▼

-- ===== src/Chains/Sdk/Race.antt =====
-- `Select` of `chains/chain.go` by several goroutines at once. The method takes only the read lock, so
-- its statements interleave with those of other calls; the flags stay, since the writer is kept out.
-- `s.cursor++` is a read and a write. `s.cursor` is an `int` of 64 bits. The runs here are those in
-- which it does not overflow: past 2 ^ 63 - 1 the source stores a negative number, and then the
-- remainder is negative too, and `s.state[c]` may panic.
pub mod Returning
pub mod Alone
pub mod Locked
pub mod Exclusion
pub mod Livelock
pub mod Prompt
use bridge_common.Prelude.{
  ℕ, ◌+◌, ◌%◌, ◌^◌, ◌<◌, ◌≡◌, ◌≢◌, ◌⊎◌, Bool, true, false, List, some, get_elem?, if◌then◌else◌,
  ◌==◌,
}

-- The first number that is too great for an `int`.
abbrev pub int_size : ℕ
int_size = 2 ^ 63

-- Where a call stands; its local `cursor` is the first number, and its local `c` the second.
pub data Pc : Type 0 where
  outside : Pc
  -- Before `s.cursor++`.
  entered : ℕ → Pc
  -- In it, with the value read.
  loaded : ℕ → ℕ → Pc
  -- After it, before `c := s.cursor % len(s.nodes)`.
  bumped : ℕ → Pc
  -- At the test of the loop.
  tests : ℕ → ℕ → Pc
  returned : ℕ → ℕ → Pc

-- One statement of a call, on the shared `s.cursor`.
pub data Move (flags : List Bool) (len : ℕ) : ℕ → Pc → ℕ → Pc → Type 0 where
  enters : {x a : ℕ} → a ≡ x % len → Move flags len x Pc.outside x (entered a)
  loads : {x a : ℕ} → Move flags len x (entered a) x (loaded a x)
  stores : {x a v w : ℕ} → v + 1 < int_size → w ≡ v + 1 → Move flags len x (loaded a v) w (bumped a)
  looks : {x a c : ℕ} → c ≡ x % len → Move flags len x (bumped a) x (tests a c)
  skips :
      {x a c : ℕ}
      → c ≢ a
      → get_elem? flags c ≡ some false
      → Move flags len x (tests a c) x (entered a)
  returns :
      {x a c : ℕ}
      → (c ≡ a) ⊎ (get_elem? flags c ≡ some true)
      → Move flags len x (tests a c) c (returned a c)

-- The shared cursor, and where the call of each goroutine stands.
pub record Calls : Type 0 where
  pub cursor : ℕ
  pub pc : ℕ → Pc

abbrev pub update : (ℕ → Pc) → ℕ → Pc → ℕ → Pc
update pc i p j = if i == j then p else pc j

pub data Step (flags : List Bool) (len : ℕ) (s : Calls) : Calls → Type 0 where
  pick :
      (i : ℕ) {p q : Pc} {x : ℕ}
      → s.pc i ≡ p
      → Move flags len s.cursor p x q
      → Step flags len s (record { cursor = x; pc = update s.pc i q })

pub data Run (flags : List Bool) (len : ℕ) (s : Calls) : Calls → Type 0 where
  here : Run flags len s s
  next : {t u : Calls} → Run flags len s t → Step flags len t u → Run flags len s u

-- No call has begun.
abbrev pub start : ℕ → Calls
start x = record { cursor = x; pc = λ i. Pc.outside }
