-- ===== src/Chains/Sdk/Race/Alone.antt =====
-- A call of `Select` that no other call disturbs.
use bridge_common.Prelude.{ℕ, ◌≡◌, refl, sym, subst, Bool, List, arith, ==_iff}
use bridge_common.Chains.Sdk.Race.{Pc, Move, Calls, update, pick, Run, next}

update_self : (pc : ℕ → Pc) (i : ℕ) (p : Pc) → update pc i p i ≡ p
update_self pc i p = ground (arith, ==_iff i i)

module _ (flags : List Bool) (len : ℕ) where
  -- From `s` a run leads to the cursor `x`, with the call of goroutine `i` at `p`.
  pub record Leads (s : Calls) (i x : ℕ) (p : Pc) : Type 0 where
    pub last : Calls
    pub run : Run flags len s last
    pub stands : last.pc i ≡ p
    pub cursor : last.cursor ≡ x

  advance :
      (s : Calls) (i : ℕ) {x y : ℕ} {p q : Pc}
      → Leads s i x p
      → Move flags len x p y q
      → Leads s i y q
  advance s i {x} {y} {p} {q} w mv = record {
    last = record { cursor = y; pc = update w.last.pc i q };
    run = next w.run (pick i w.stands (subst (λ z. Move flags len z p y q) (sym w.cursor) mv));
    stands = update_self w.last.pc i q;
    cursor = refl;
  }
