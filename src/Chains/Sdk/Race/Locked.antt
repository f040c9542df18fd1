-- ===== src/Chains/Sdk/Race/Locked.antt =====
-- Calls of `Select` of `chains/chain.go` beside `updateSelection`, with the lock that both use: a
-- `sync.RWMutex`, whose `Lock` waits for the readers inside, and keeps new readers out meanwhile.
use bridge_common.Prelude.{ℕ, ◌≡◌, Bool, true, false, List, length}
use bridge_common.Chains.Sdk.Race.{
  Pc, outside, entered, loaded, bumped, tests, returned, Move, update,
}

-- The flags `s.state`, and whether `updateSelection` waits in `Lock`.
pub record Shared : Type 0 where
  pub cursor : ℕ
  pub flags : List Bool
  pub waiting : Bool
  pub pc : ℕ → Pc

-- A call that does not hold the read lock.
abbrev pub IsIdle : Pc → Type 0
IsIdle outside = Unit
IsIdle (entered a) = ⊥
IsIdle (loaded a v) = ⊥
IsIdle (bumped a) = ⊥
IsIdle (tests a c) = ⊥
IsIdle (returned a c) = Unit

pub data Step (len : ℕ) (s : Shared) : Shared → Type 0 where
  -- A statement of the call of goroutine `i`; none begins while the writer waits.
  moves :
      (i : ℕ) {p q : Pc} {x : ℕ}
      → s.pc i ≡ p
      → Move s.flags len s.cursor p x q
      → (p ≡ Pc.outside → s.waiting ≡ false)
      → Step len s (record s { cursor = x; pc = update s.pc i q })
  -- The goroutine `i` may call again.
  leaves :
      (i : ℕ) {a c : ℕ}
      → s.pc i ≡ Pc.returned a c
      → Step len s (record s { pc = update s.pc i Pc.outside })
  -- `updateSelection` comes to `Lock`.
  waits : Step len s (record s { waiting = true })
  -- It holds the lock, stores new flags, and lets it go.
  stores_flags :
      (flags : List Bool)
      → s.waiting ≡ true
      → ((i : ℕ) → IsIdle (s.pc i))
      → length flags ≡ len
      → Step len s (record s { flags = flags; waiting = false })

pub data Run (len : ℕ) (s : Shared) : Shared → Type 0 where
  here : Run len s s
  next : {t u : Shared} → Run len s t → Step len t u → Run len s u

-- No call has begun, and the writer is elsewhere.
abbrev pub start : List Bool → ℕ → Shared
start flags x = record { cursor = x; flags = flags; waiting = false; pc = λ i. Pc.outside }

▲
▼

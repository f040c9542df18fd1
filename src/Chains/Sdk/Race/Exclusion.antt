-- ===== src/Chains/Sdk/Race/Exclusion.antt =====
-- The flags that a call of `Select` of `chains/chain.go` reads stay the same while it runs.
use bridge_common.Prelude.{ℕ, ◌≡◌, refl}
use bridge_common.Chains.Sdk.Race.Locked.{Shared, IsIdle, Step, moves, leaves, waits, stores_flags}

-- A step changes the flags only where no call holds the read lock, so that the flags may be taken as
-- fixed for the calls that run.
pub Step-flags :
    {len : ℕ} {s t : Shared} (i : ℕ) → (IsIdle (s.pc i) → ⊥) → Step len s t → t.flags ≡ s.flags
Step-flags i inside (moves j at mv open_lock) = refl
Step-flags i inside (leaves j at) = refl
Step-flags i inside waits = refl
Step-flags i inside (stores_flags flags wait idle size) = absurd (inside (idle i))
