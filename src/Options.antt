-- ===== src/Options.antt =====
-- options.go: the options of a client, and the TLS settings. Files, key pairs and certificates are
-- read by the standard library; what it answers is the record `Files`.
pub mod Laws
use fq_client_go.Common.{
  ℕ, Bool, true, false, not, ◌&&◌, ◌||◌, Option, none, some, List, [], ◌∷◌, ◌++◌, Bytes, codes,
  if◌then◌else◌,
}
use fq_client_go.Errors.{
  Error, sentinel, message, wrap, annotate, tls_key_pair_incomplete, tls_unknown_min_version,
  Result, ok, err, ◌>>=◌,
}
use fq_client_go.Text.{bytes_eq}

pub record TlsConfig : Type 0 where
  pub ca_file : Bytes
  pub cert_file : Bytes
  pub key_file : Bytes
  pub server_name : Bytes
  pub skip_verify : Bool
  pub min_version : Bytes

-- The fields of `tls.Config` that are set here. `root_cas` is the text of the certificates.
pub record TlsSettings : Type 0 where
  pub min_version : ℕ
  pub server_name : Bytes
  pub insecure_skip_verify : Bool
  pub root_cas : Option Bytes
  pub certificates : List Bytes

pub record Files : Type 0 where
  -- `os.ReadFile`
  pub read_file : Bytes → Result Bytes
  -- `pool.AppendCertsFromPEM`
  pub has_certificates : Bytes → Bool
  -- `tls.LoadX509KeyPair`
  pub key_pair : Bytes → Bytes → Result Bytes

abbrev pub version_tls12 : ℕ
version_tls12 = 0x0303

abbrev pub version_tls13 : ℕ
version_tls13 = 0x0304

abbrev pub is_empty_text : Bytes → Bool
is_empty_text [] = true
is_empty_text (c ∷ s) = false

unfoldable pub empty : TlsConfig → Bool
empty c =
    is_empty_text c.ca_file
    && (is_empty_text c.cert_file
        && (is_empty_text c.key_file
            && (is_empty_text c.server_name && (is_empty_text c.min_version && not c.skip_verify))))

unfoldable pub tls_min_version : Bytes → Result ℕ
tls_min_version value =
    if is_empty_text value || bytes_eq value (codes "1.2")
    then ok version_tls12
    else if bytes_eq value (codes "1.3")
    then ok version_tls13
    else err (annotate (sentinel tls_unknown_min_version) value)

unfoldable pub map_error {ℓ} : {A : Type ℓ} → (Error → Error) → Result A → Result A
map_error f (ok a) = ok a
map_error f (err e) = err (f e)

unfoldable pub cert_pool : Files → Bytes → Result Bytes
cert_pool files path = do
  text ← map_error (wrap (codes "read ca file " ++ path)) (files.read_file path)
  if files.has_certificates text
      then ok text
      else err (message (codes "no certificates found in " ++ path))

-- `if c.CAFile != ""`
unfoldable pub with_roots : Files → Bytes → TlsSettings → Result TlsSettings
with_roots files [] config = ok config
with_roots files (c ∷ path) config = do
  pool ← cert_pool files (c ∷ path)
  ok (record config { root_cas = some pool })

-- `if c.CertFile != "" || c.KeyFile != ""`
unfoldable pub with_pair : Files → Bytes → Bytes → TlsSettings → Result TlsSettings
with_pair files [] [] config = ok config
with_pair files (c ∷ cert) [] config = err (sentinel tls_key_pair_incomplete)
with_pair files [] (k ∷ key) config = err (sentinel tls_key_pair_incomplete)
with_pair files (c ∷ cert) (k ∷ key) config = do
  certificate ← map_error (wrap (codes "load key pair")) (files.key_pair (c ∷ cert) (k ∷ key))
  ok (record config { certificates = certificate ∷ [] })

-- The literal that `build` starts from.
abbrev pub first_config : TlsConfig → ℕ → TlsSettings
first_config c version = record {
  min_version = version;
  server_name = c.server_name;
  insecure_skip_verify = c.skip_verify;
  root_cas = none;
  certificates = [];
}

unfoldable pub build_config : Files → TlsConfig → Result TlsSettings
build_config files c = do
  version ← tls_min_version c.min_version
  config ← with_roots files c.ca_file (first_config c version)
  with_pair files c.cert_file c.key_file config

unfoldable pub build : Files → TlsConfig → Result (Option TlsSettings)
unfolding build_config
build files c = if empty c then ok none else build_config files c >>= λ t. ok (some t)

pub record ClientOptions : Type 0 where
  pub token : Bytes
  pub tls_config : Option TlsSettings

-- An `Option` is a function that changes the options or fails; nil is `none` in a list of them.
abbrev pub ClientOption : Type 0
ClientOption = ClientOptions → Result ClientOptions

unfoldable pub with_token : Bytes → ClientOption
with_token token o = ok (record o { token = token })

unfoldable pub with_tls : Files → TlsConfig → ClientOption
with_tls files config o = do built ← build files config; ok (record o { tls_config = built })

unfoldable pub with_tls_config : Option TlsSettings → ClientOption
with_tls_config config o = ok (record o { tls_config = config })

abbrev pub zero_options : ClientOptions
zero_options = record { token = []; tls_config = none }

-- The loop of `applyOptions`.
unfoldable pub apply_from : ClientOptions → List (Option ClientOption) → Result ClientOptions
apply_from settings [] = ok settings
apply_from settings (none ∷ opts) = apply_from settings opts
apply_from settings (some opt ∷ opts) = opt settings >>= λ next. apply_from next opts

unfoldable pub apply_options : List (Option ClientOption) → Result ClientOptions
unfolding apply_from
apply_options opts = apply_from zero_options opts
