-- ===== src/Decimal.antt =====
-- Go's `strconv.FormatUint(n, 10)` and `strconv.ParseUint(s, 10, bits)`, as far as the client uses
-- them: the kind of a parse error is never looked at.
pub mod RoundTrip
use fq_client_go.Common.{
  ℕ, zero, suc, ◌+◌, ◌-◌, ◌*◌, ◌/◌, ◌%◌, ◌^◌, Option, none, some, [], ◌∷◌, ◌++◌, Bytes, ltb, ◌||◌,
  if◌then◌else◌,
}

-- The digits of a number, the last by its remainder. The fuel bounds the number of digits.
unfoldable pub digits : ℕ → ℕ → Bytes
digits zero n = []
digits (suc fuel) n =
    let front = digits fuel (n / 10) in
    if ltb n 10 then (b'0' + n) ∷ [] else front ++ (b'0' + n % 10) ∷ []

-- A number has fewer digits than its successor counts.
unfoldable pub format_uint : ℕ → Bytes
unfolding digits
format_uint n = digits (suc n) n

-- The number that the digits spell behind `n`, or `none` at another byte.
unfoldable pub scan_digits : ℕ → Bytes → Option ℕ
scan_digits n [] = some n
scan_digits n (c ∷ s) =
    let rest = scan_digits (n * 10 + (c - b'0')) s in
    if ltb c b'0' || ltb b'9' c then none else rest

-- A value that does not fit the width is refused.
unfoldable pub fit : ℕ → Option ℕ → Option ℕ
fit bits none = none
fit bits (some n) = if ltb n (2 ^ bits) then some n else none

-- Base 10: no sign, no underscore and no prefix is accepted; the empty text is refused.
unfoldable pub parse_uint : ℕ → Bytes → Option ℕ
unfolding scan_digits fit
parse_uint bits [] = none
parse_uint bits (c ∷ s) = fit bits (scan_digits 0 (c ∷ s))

▲
▼

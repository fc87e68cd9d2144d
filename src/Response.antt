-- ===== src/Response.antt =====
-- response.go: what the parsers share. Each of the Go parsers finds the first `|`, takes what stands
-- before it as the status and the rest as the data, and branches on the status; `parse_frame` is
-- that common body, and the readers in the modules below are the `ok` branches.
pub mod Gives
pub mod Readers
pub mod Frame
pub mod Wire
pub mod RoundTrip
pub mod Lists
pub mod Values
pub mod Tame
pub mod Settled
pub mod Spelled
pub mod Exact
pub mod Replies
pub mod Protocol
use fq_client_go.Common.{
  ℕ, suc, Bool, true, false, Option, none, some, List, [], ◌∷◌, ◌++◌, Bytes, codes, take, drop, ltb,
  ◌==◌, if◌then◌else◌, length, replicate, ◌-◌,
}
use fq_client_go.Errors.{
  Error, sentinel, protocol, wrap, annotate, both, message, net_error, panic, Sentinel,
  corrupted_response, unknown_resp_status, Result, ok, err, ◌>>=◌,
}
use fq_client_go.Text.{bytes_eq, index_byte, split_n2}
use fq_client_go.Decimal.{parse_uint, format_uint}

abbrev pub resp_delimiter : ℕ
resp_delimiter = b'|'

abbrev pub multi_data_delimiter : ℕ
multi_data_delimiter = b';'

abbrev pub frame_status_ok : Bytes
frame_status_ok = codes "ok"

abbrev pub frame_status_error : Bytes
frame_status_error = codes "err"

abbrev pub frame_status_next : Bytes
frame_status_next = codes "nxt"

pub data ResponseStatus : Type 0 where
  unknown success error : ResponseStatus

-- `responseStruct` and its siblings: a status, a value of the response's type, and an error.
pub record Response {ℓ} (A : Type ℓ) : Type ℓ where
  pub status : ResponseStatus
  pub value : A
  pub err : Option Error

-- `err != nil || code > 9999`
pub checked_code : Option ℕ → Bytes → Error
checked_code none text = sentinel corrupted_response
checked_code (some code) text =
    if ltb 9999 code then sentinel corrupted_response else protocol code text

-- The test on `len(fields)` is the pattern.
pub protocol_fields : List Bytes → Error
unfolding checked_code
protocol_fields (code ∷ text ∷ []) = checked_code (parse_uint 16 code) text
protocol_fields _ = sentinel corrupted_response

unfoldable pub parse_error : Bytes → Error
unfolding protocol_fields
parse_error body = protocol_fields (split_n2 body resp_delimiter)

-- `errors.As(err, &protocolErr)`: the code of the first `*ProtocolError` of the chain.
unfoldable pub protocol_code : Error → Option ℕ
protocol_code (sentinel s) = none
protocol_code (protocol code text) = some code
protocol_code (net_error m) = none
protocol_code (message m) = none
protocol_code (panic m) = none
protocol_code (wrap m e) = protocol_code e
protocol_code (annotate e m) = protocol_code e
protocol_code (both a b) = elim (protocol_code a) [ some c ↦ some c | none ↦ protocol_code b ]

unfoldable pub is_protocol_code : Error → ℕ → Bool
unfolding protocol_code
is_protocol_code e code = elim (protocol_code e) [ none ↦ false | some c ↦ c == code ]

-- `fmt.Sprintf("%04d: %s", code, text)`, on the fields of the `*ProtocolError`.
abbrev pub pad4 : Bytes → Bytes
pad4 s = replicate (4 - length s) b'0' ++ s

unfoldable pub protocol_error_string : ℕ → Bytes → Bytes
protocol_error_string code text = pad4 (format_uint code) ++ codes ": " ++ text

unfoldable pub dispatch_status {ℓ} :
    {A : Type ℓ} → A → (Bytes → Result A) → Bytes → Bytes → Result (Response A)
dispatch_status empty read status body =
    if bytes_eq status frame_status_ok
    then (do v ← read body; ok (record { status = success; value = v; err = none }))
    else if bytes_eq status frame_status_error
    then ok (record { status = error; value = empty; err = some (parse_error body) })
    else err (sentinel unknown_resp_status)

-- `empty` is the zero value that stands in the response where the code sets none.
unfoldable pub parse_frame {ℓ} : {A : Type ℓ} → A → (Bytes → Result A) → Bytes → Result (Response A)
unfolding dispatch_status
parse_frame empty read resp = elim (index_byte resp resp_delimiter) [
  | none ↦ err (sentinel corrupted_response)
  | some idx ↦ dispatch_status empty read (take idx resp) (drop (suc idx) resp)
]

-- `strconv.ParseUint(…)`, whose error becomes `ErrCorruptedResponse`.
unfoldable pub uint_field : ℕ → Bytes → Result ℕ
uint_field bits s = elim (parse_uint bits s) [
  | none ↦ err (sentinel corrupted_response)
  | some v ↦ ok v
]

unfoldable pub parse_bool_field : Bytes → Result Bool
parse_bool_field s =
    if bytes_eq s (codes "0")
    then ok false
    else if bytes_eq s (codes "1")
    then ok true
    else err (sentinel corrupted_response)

▲

## What to produce:
Within the records above, determine the number of lines that hold the word "ResponseStatus" and return only that value.

## Result of the exercise:
3